VOGUE: Jasmine-Pure tem sido uma era longa e muito especial na sua carreira. Com Nokia sendo o quinto e último single, como é para você se despedir dessa fase?
HYO: Despedir-me do Jasmine-Pure é como respeitar a sua essência de ser um diário, e fechar-lo. Sério... Eu devo todas as minhas maiores conquistas a esse álbum. No mínimo, é agridoce. Eu tenho medo de não ser o suficiente para que meus próximos sejam tão grandes quanto essa era. Mas o apego e o orgulho que sinto ao ver como essa etapa da minha carreira está no coração do público sempre coexistiram no profundo da minha essência.
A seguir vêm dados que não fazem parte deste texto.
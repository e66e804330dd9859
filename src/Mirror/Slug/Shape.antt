-- ===== src/Mirror/Slug/Shape.antt =====
-- workspace/pipelinemirror.go: what a file name can be.
use workspace_api.Base.{
  ℕ, ◌==◌, ◌≡◌, refl, sym, subst, Bool, true, false, not, ◌&&◌, [], ◌∷◌, arith, Text, last,
  if◌then◌else◌,
}
use workspace_api.Mirror.Slug.{is_alnum, dashed, trim_dash_left, trim_dash_right, name_file_slug}

-- Letters `a` to `z`, digits and single dashes; after a dash (the flag) no other.
unfoldable pub clean : Bool → Text → Bool
clean after_dash [] = true
clean after_dash (c ∷ s) =
    let letter = clean false s in
    let gap = clean true s in if is_alnum c then letter else c == b'-' && (not after_dash && gap)

-- And neither the first letter nor the last is a dash.
pub record IsSlug (s : Text) : Type 0 where
  pub letters : clean true s ≡ true
  pub ends : (last b'a' s == b'-') ≡ false

clean-dashed : (l : Bool) (name : Text) → clean l (dashed l name) ≡ true
unfolding clean dashed
clean-dashed l [] = refl
clean-dashed true (r ∷ name) = ground (arith, clean-dashed false name, clean-dashed true name)
clean-dashed false (r ∷ name) = ground (arith, clean-dashed false name, clean-dashed true name)

trim_dash_left-clean : (s : Text) → clean true s ≡ true → trim_dash_left s ≡ s
unfolding clean trim_dash_left
trim_dash_left-clean [] h = refl
trim_dash_left-clean (c ∷ s) h = ground arith

clean-trim_dash_right :
    (l : Bool) (s : Text) → clean l s ≡ true → clean l (trim_dash_right s) ≡ true
unfolding clean trim_dash_right
clean-trim_dash_right l [] h = refl
clean-trim_dash_right l (c ∷ s) h =
    ground (arith, clean-trim_dash_right false s, clean-trim_dash_right true s)

last-trim_dash_right :
    (d : ℕ) (s : Text) → (d == b'-') ≡ false → (last d (trim_dash_right s) == b'-') ≡ false
unfolding trim_dash_right
last-trim_dash_right d [] h = h
last-trim_dash_right d (c ∷ s) h =
    ground (arith, last-trim_dash_right c s, last-trim_dash_right d s)

pub name_file_slug-IsSlug : (name : Text) → IsSlug (name_file_slug name)
unfolding name_file_slug
name_file_slug-IsSlug name =
    let s = dashed true name in
    let e = clean-dashed true name in
    record {
      letters =
          clean-trim_dash_right true (trim_dash_left s)
            (subst (λ t. clean true t ≡ true) (sym (trim_dash_left-clean s e)) e);
      ends = last-trim_dash_right b'a' (trim_dash_left s) refl;
    }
VOGUE: Quais são as suas principais inspirações dentro da indústria da música?
HYO: Sinceridade é um fator artístico que realmente me guia na escolha de minhas inspirações. Um artista leve, que não teme explorar temas considerados clichês, mas os ressignifica com autenticidade, me inspira profundamente. Cito nomes, como Petter, Rubia, Alex Fleming, Kaleb Woodbane e Bruce. A leveza dos meus relacionamentos próximos também é admirável.
VOGUE: Além da música, você também tem se destacado nas listas da Vogue como um dos artistas mais bem vestidos da atualidade. Como é a sua relação com a moda, com as grandes maisons e, em especial, com a Chanel?
HYO: Certamente, sou magnetizado pela moda. Apesar de eu ter sentido que, de alguma forma, não a merecia. No fundo, eu apenas esperava uma oportunidade de ter a moda como a verdade do meu ser artístico. Chanel me apresentou essa reviravolta. Eu tenho uma paixão pela alta-costura de tweed das coleções da maison. É quase como realizar e abraçar essa minha ideia pessoal de ser um "príncipe" – elegante e lúdico, como eu sempre quis ser. Eu tive uma conexão instantânea com a moda, por esta ser a tradução da minha vontade insaciável de ilustrar e reinventar, continuamente, a forma como minha personalidade trasparece através do estilo.

VOGUE: Quais são as suas maiores referências no universo fashion e de que forma a moda inspira sua arte?
HYO: Minhas maiores referências na moda vêm justamente dos artistas e criadores que sabem transformá-la em uma narrativa e adorno. As belissimas coleções noventistas da Chanel por Karl Lagerfeld, são exemplos que me guiam. Também me inspiro em estilistas e ícones que quebram códigos e misturam o clássico ao inesperado, como Vivienne Westwood. Enfim, a moda, para mim, também é uma música em sua essência ao ser capaz de mostrar emoções e provocar sentimentos. Quando reinvento o que vou vestir, fico fascinando ao perceber como também reinvento meu ser artístico.
VOGUE: Como você tem enxergado o cenário da música asiática atualmente? E como se sente sendo cada vez mais reconhecido e visto nesse contexto?
HYO: O cenário asiático tornou-se, naturalmente, um momento eterno de pura efervescência. Diariamente, um catálogo de artistas talentosos se afirma como essencial da música global. Pessoalmente, sinto-me honrado em ser reconhecido nesse movimento, ainda mais, com um álbum de estreia que expressa minha asianiedade. É um privilégio estar contribuindo na força desse diálogo cultural como um poder intrínseco, onde cada artista por carregar sua própria identidade, revela a força conjunta de um continente.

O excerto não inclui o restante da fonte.